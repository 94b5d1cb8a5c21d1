-- ===== src/Correlation/Scan.antt =====
-- What `scanLabels` visits.
use interactsh_lite.Correlation.{
  is_cid_base32, is_alphanumeric, min_nonce_length, labels, go_on, visit, try_window, scan_windows,
  scan_long, scan_bare, scan_labels,
}
use interactsh_lite.Prelude.{
  ℕ, ◌+◌, Bool, true, false, not, ◌||◌, List, [], ◌∷◌, ltb, ◌==◌, if◌then◌else◌, Bytes, length,
  take, drop, ◌≡◌, refl, arith, ◌⊎◌, inl, inr, Bool-cases, length-take,
}

-- The item is in the list.
abbrev pub In : Bytes → List Bytes → Type 0
In x [] = ⊥
In x (y ∷ ys) = (x ≡ y) ⊎ In x ys

pub go_on_inv :
    {S : Type 0} (P : S → Type 0) (r : S × Bool) (f : S → S × Bool)
    → P r.0
    → ((s : S) → P s → P (f s).0)
    → P (go_on r f).0
go_on_inv P (s, true) f p h = h s p
go_on_inv P (s, false) f p h = p

pub go_on-true : {S : Type 0} (r : S × Bool) (f : S → S × Bool) → r.1 ≡ true → go_on r f ≡ f r.0
go_on-true r f e = rw e

skip_inv :
    {S : Type 0} (P : S → Type 0) (b : Bool) (s : S) (r : S × Bool)
    → P s
    → (b ≡ false → P r.0)
    → P (if b then (s, true) else r).0
skip_inv P true s r p h = p
skip_inv P false s r p h = h refl

pub length-take_lt :
    (n k : ℕ) (s : Bytes) → ltb (length s) (n + k) ≡ false → length (take n (take (n + k) s)) ≡ n
length-take_lt n k s h = ground (arith, length-take n (take (n + k) s), length-take (n + k) s)

module _ {S : Type 0} (lookup : S → Bytes → Bool) (on_match : S → Bytes → Bytes → S × Bool) (n : ℕ)
    (P : S → Type 0)
    (kept : (s : S) (c label : Bytes)
      → length c ≡ n
      → is_cid_base32 c ≡ true
      → lookup s c ≡ true
      → P s
      → P (on_match s c label).0) where
  visit_inv :
      (s : S) (c label : Bytes)
      → length c ≡ n
      → is_cid_base32 c ≡ true
      → P s
      → P (visit lookup on_match s c label).0
  visit_inv s c label l v p = elim (Bool-cases (lookup s c)) [
    | inl e ↦ unfold visit in rw e (kept s c label l v e p)
    | inr e ↦ unfold visit in rw e p
  ]

  try_window_inv :
      (window label : Bytes) (s : S)
      → length (take n window) ≡ n
      → P s
      → P (try_window lookup on_match n window label s).0
  unfolding try_window
  try_window_inv window label s l p =
      let c = take n window in
      skip_inv P (not (is_cid_base32 c) || not (is_alphanumeric (drop n window))) s
        (visit lookup on_match s c label) p (λ e. visit_inv s c label l (ground (arith, e)) p)

  pub scan_windows_inv :
      (label suffix : Bytes) (s : S) → P s → P (scan_windows lookup on_match n label suffix s).0
  unfolding scan_windows
  scan_windows_inv label [] s p = p
  scan_windows_inv label (c ∷ rest) s p =
      let r = try_window lookup on_match n (take (n + min_nonce_length) (c ∷ rest)) label s in
      let f = scan_windows lookup on_match n label rest in
      skip_inv P (ltb (length (c ∷ rest)) (n + min_nonce_length)) s (go_on r f) p λ e.
        go_on_inv P r f
          (try_window_inv _ label s (length-take_lt n min_nonce_length (c ∷ rest) e) p)
          (scan_windows_inv label rest)

  pub scan_long_inv : (ls : List Bytes) (s : S) → P s → P (scan_long lookup on_match n ls s).0
  unfolding scan_long
  scan_long_inv [] s p = p
  scan_long_inv (label ∷ ls) s p =
      let short = ltb (length label) (n + min_nonce_length) in
      let r = scan_windows lookup on_match n label label s in
      go_on_inv P (if short then (s, true) else r) (scan_long lookup on_match n ls)
        (skip_inv P short s r p (λ e. scan_windows_inv label label s p)) (scan_long_inv ls)

  pub scan_bare_inv : (ls : List Bytes) (s : S) → P s → P (scan_bare lookup on_match n ls s).0
  unfolding scan_bare
  scan_bare_inv [] s p = p
  scan_bare_inv (label ∷ ls) s p =
      let no_id = not (length label == n) || not (is_cid_base32 label) in
      let r = visit lookup on_match s label label in
      go_on_inv P (if no_id then (s, true) else r) (scan_bare lookup on_match n ls)
        (skip_inv P no_id s r p
          λ e. visit_inv s label label (ground (arith, e)) (ground (arith, e)) p)
        (scan_bare_inv ls)

  -- What holds before the scan and is kept by every match holds after it.
  pub scan_labels_inv : (input : Bytes) (s : S) → P s → P (scan_labels lookup on_match n input s)
  unfolding scan_labels
  scan_labels_inv input s p =
      go_on_inv P (scan_long lookup on_match n (labels input) s)
        (scan_bare lookup on_match n (labels input)) (scan_long_inv (labels input) s p)
        (scan_bare_inv (labels input))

*HOW TO COMPLETE THIS TASK:*
I'd like the lines above from the one with "(n k : ℕ) (s : Bytes)" up to and including the one with "let r = scan_windows" copied exactly, with no other lines.

*TASK ANSWER:*
    (n k : ℕ) (s : Bytes) → ltb (length s) (n + k) ≡ false → length (take n (take (n + k) s)) ≡ n
length-take_lt n k s h = ground (arith, length-take n (take (n + k) s), length-take (n + k) s)

module _ {S : Type 0} (lookup : S → Bytes → Bool) (on_match : S → Bytes → Bytes → S × Bool) (n : ℕ)
    (P : S → Type 0)
    (kept : (s : S) (c label : Bytes)
      → length c ≡ n
      → is_cid_base32 c ≡ true
      → lookup s c ≡ true
      → P s
      → P (on_match s c label).0) where
  visit_inv :
      (s : S) (c label : Bytes)
      → length c ≡ n
      → is_cid_base32 c ≡ true
      → P s
      → P (visit lookup on_match s c label).0
  visit_inv s c label l v p = elim (Bool-cases (lookup s c)) [
    | inl e ↦ unfold visit in rw e (kept s c label l v e p)
    | inr e ↦ unfold visit in rw e p
  ]

  try_window_inv :
      (window label : Bytes) (s : S)
      → length (take n window) ≡ n
      → P s
      → P (try_window lookup on_match n window label s).0
  unfolding try_window
  try_window_inv window label s l p =
      let c = take n window in
      skip_inv P (not (is_cid_base32 c) || not (is_alphanumeric (drop n window))) s
        (visit lookup on_match s c label) p (λ e. visit_inv s c label l (ground (arith, e)) p)

  pub scan_windows_inv :
      (label suffix : Bytes) (s : S) → P s → P (scan_windows lookup on_match n label suffix s).0
  unfolding scan_windows
  scan_windows_inv label [] s p = p
  scan_windows_inv label (c ∷ rest) s p =
      let r = try_window lookup on_match n (take (n + min_nonce_length) (c ∷ rest)) label s in
      let f = scan_windows lookup on_match n label rest in
      skip_inv P (ltb (length (c ∷ rest)) (n + min_nonce_length)) s (go_on r f) p λ e.
        go_on_inv P r f
          (try_window_inv _ label s (length-take_lt n min_nonce_length (c ∷ rest) e) p)
          (scan_windows_inv label rest)

  pub scan_long_inv : (ls : List Bytes) (s : S) → P s → P (scan_long lookup on_match n ls s).0
  unfolding scan_long
  scan_long_inv [] s p = p
  scan_long_inv (label ∷ ls) s p =
      let short = ltb (length label) (n + min_nonce_length) in
      let r = scan_windows lookup on_match n label label s in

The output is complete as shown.